Each entry below is to be duplicated precisely.

INPUT DATA:
****************
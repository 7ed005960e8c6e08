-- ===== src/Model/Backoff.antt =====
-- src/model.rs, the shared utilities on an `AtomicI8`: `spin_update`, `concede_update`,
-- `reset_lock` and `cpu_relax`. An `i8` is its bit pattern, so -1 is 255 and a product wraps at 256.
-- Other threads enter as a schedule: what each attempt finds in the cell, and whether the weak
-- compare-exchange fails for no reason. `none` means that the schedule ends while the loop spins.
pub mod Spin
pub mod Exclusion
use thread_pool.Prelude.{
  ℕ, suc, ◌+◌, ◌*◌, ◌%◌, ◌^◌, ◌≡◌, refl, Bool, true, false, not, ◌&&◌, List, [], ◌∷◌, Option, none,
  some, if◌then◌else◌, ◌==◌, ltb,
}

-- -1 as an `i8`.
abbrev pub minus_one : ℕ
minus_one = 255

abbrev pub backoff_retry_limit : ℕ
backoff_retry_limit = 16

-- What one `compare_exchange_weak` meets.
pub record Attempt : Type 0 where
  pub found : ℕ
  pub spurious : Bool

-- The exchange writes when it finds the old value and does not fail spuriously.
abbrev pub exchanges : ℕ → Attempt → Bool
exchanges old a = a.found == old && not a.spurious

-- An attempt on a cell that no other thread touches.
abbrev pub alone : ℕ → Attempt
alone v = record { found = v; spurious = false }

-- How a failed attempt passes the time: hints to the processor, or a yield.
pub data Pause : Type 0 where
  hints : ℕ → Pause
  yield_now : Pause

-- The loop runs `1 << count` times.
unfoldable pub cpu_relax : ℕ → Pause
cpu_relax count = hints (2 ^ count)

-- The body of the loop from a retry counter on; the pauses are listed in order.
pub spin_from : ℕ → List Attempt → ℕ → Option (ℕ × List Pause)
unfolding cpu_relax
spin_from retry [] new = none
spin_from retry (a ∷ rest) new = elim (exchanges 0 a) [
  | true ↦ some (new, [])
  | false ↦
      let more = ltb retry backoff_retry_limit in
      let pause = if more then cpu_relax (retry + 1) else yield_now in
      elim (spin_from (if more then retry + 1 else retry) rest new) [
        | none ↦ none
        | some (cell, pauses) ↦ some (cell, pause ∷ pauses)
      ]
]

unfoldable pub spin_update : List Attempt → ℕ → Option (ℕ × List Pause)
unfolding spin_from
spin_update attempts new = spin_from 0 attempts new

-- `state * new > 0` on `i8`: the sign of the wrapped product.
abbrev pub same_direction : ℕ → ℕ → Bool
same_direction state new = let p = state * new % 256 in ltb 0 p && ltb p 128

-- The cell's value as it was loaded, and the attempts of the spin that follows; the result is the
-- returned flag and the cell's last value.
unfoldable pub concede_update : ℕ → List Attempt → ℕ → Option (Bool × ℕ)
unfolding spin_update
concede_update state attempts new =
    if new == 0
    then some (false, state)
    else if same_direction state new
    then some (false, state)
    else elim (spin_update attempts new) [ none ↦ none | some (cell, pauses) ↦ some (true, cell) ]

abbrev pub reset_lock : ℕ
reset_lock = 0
****************
EXPECTED OUTPUT:
repository 7ed005960e8c6e08
-- ===== src/Model/Backoff.antt =====
-- src/model.rs, the shared utilities on an `AtomicI8`: `spin_update`, `concede_update`,
-- `reset_lock` and `cpu_relax`. An `i8` is its bit pattern, so -1 is 255 and a product wraps at 256.
-- Other threads enter as a schedule: what each attempt finds in the cell, and whether the weak
-- compare-exchange fails for no reason. `none` means that the schedule ends while the loop spins.
pub mod Spin
pub mod Exclusion
use thread_pool.Prelude.{
  ℕ, suc, ◌+◌, ◌*◌, ◌%◌, ◌^◌, ◌≡◌, refl, Bool, true, false, not, ◌&&◌, List, [], ◌∷◌, Option, none,
  some, if◌then◌else◌, ◌==◌, ltb,
}

-- -1 as an `i8`.
abbrev pub minus_one : ℕ
minus_one = 255

abbrev pub backoff_retry_limit : ℕ
backoff_retry_limit = 16

-- What one `compare_exchange_weak` meets.
pub record Attempt : Type 0 where
  pub found : ℕ
  pub spurious : Bool

-- The exchange writes when it finds the old value and does not fail spuriously.
abbrev pub exchanges : ℕ → Attempt → Bool
exchanges old a = a.found == old && not a.spurious

-- An attempt on a cell that no other thread touches.
abbrev pub alone : ℕ → Attempt
alone v = record { found = v; spurious = false }

-- How a failed attempt passes the time: hints to the processor, or a yield.
pub data Pause : Type 0 where
  hints : ℕ → Pause
  yield_now : Pause

-- The loop runs `1 << count` times.
unfoldable pub cpu_relax : ℕ → Pause
cpu_relax count = hints (2 ^ count)

-- The body of the loop from a retry counter on; the pauses are listed in order.
pub spin_from : ℕ → List Attempt → ℕ → Option (ℕ × List Pause)
unfolding cpu_relax
spin_from retry [] new = none
spin_from retry (a ∷ rest) new = elim (exchanges 0 a) [
  | true ↦ some (new, [])
  | false ↦
      let more = ltb retry backoff_retry_limit in
      let pause = if more then cpu_relax (retry + 1) else yield_now in
      elim (spin_from (if more then retry + 1 else retry) rest new) [
        | none ↦ none
        | some (cell, pauses) ↦ some (cell, pause ∷ pauses)
      ]
]

unfoldable pub spin_update : List Attempt → ℕ → Option (ℕ × List Pause)
unfolding spin_from
spin_update attempts new = spin_from 0 attempts new

-- `state * new > 0` on `i8`: the sign of the wrapped product.
abbrev pub same_direction : ℕ → ℕ → Bool
same_direction state new = let p = state * new % 256 in ltb 0 p && ltb p 128

-- The cell's value as it was loaded, and the attempts of the spin that follows; the result is the
-- returned flag and the cell's last value.
unfoldable pub concede_update : ℕ → List Attempt → ℕ → Option (Bool × ℕ)
unfolding spin_update
concede_update state attempts new =
    if new == 0
    then some (false, state)
    else if same_direction state new
    then some (false, state)
    else elim (spin_update attempts new) [ none ↦ none | some (cell, pauses) ↦ some (true, cell) ]

abbrev pub reset_lock : ℕ
reset_lock = 0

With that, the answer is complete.